Cosa ci fa lui qui? Questo sembrava l'unico pensiero che il mio cervello era stato in grado di formulare. Perché nessuno di noi poteva aver frainteso le parole di Jenna. Gli Harrison erano il nemico. Caleb era il nemico.

E allora perché conosceva proprio quel posto?

Fu come se tutti avessimo trattenuto il respiro per un lasso di tempo infinito, nel tentativo di congelare quel momento per sempre. Come se non volessimo affrontare le conseguenze di quell'ulteriore fulmine che aveva sconvolto una volta ancora tutto il nostro mondo.

Quella apparente tregua però durò poco.
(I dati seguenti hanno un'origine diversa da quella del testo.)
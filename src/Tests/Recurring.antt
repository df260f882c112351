-- ===== src/Tests/Recurring.antt =====
-- Concrete rows of recurring payments.
use misgeret.Base.{ℕ, ◌+◌, ◌*◌, ◌≡◌, arith, pos, neg, false, none, some, List, [], ◌∷◌, All}
use misgeret.Text.{Text}
use misgeret.Calendar.{Day, days_in_month}
use misgeret.Calendar.Windows.{IsDate}
use misgeret.Txns.{completed}
use misgeret.Tests.Txns.{row_of, day_of}
use misgeret.Recurring.{Placed, cadence_bands, min_of, add_months_clamped, refund_pairs}
use misgeret.Recurring.Groups.{best_band}
use misgeret.Recurring.Detection.{detect_recurring}
use misgeret.Recurring.Dates.{add_months_clamped-IsDate}
use misgeret.Recurring.Refunds.{AreRefunds, refund_pairs-AreRefunds}
use misgeret.Recurring.Sound.{IsSound, detect_recurring-IsSound}
use misgeret.Recurring.Bands.{IsBest, best_band-IsBest}

abbrev paid : ℕ → ℕ → ℕ → Placed
paid place days amount = record {
  place = place;
  txn = record {
    row = record (row_of "music service" 1 (neg (pos amount)) completed) {
      company = "visaCal";
      date = days * 86400000;
    };
    excluded = false;
    exclude_reason = none;
  };
}

abbrev subscription : List Placed
subscription = paid 0 3 4990 ∷ paid 1 33 4990 ∷ paid 2 64 4990 ∷ []

-- A purchase and its reversal three days later.
abbrev reversed : List Placed
reversed =
    paid 0 3 4990
    ∷ record {
      place = 1;
      txn = record {
        row = record (row_of "music service" 1 (pos 4990) completed) {
          company = "visaCal";
          date = 6 * 86400000;
        };
        excluded = false;
        exclude_reason = none;
      };
    }
    ∷ []

abbrev same_text : Text → Text
same_text s = s

abbrev end_of_january : Day
end_of_january = record { year = 2026; month = 1; day = 31 }

detect_recurring-IsSound_example :
    All
      (IsSound (some end_of_january))
      (detect_recurring same_text day_of subscription (some end_of_january))
detect_recurring-IsSound_example =
    detect_recurring-IsSound same_text day_of subscription (some end_of_january)

refund_pairs-AreRefunds_example : AreRefunds day_of (refund_pairs day_of reversed)
refund_pairs-AreRefunds_example = refund_pairs-AreRefunds day_of reversed

best_band-IsBest_example :
    IsBest (30 ∷ 31 ∷ 7 ∷ []) cadence_bands (best_band (30 ∷ 31 ∷ 7 ∷ []) cadence_bands none)
best_band-IsBest_example = best_band-IsBest (30 ∷ 31 ∷ 7 ∷ [])

-- One month after the end of January.
add_months_clamped-IsDate_example :
    IsDate (add_months_clamped end_of_january 1 31)
    × ((add_months_clamped end_of_january 1 31).year * 12
          + (add_months_clamped end_of_january 1 31).month
        ≡ end_of_january.year * 12 + end_of_january.month + 1)
    × ((add_months_clamped end_of_january 1 31).day
        ≡ min_of 31 (
            days_in_month
              (add_months_clamped end_of_january 1 31).year
              (add_months_clamped end_of_january 1 31).month))
unfolding days_in_month
add_months_clamped-IsDate_example =
    add_months_clamped-IsDate end_of_january 1 31 (omega arith) (omega arith)
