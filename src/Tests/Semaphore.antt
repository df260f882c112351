-- ===== src/Tests/Semaphore.antt =====
-- Concrete runs of the scrape semaphore.
use misgeret.Base.{[], ◌∷◌}
use misgeret.Semaphore.{create, acquires, releases, run}
use misgeret.Semaphore.Laws.{IsFair, run-IsFair}

run-IsFair_example :
    IsFair 2
      (run (create 2) (acquires ∷ acquires ∷ acquires ∷ releases 0 ∷ releases 0 ∷ acquires ∷ []))
run-IsFair_example =
    run-IsFair 2 (acquires ∷ acquires ∷ acquires ∷ releases 0 ∷ releases 0 ∷ acquires ∷ [])
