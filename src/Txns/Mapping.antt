-- ===== src/Txns/Mapping.antt =====
-- `mapScrapedTxn`: which amount a scraped transaction gets, and the month it is stored under.
use misgeret.Base.{
  ℕ, ◌≡◌, ◌≢◌, refl, Bool, true, not, ◌&&◌, Option, none, some, String, str_eq, arith, ℤ, pos,
  eqb_ℤ, Bool-cases, inl, inr,
}
use misgeret.Calendar.{Day}
use misgeret.Txns.{ScrapedTxn, TxnRow, map_scraped_txn, pending_amount, first_or, is_ils}

abbrev shown : Bool → ℤ → Option ℤ → ℤ
shown usable charged original = first_or (pending_amount usable charged original) charged

replaced :
    (usable : Bool) (charged : ℤ) (original : Option ℤ)
    → shown usable charged original ≢ charged
    → (usable ≡ true)
      × (charged ≡ pos 0)
      × (original ≡ some (shown usable charged original))
      × (shown usable charged original ≢ pos 0)
unfolding pending_amount first_or
replaced usable charged none h = absurd (h refl)
replaced usable charged (some a) h =
    elim (Bool-cases (usable && eqb_ℤ charged (pos 0) && not (eqb_ℤ a (pos 0)))) [
      | inl e ↦ rw e (ground arith, ground arith, refl, ground arith)
      | inr e ↦ absurd (h (rw e refl))
    ]

module _ (local_date : ℕ → Day) (hash : String → ℕ → ℤ → String → Option String → String)
    (company : String) (connection_id : ℕ) (account : String) (t : ScrapedTxn)
    (charge_month : Bool) where
  abbrev mapped : TxnRow
  mapped = map_scraped_txn local_date hash company connection_id account t charge_month

  -- The amount that is stored differs from the charged amount only for a pending shekel purchase
  -- that was charged nothing yet, and then it is the original amount, which is not zero.
  pub amount-map_scraped_txn :
      (mapped.amount ≢ t.charged_amount)
      → (str_eq t.status "pending" ≡ true)
        × (is_ils t.original_currency ≡ true)
        × (t.charged_amount ≡ pos 0)
        × (t.original_amount ≡ some mapped.amount)
        × (mapped.amount ≢ pos 0)
  unfolding map_scraped_txn pending_amount first_or
  amount-map_scraped_txn h =
      let (usable, free, priced, some_price) =
        replaced (str_eq t.status "pending" && is_ils t.original_currency) t.charged_amount
          t.original_amount h in
      (ground arith, ground arith, free, priced, some_price)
Vidi Alex lanciarsi verso Caleb, ergendosi in tutta la sua altezza e afferrando con forza il bavero della sua giacca.

«Che cazzo ci fai qua, Evans?» Una scintilla sembrava essersi accesa in lui. Non era più la maschera impassibile che aveva pazientemente ascoltato i discorsi di Jenna. Ora sembrava bruciare. Bruciava di tutte le bugie e di tutte le questioni irrisolte che aveva con lui.

Fu proprio Jenna a reagire per prima. Scattò verso di loro e si mise in mezzo. «Smettetela» ordinò, poggiando i palmi delle mani sul tessuto delle loro magliette, per dividerli.

Rivolse un'occhiata inflessibile prima a uno e poi all'altro, ma nessuno dei due sembrava voler opporre resistenza. Caleb aveva uno sguardo deciso e per nulla preoccupato, come se avesse messo in conto quella reazione. Alex invece fece un passo indietro, con un'espressione dura e nauseata allo stesso tempo, prima di scuotere la testa e voltarsi nella mia direzione.

Fu quello il momento nel quale mi resi conto di far parte anche io di quella situazione, che stavo vivendo come se fossi una semplice spettatrice. Troppo esausta per reagire, troppo scioccata per metabolizzarla, sentii i suoi occhi cercarmi, ma io rispondevo con uno sguardo diffidente.

Era solamente un brutto scherzo, vero? Uno di quei miei sogni dove correvo nella foresta e non trovavo la fine. Alex non era reale. Jenna e Caleb neppure. La mia mente doveva aver cambiato il solito schema per accrescere il mio panico, ma era solo un sogno, giusto? Doveva esserlo. Perché la realtà era troppo devastante per accettarla.

Quante persone mi avevano presa in giro?

I tratti del mio viso dovevano essere stravolti, a giudicare dallo sguardo che mi rivolse Alex. Vidi la sua maschera dura incrinarsi, mentre si avvicinava a me. Non capivo bene il perché, ma me ne resi conto quando parlò.

«Respira, Cassie.» Posò la sua mano bollente sul mio viso ghiacciato e la sua espressione arrabbiata si tramutò in una versione più preoccupata. Senza dire una parola, fece scorrere la cerniera della felpa, togliendola velocemente e appoggiandola sulle mie spalle.

Avrei voluto ringraziarlo, o dirgli che non ne avevo bisogno, insomma articolare anche solamente una singola parola... ma non ci riuscivo. L'ingresso di Caleb mi aveva paralizzata. Vivevo quella scena senza essere davvero lì. Come se la ragazza su quello sgabello non fossi io, ma solamente un ologramma senza anima.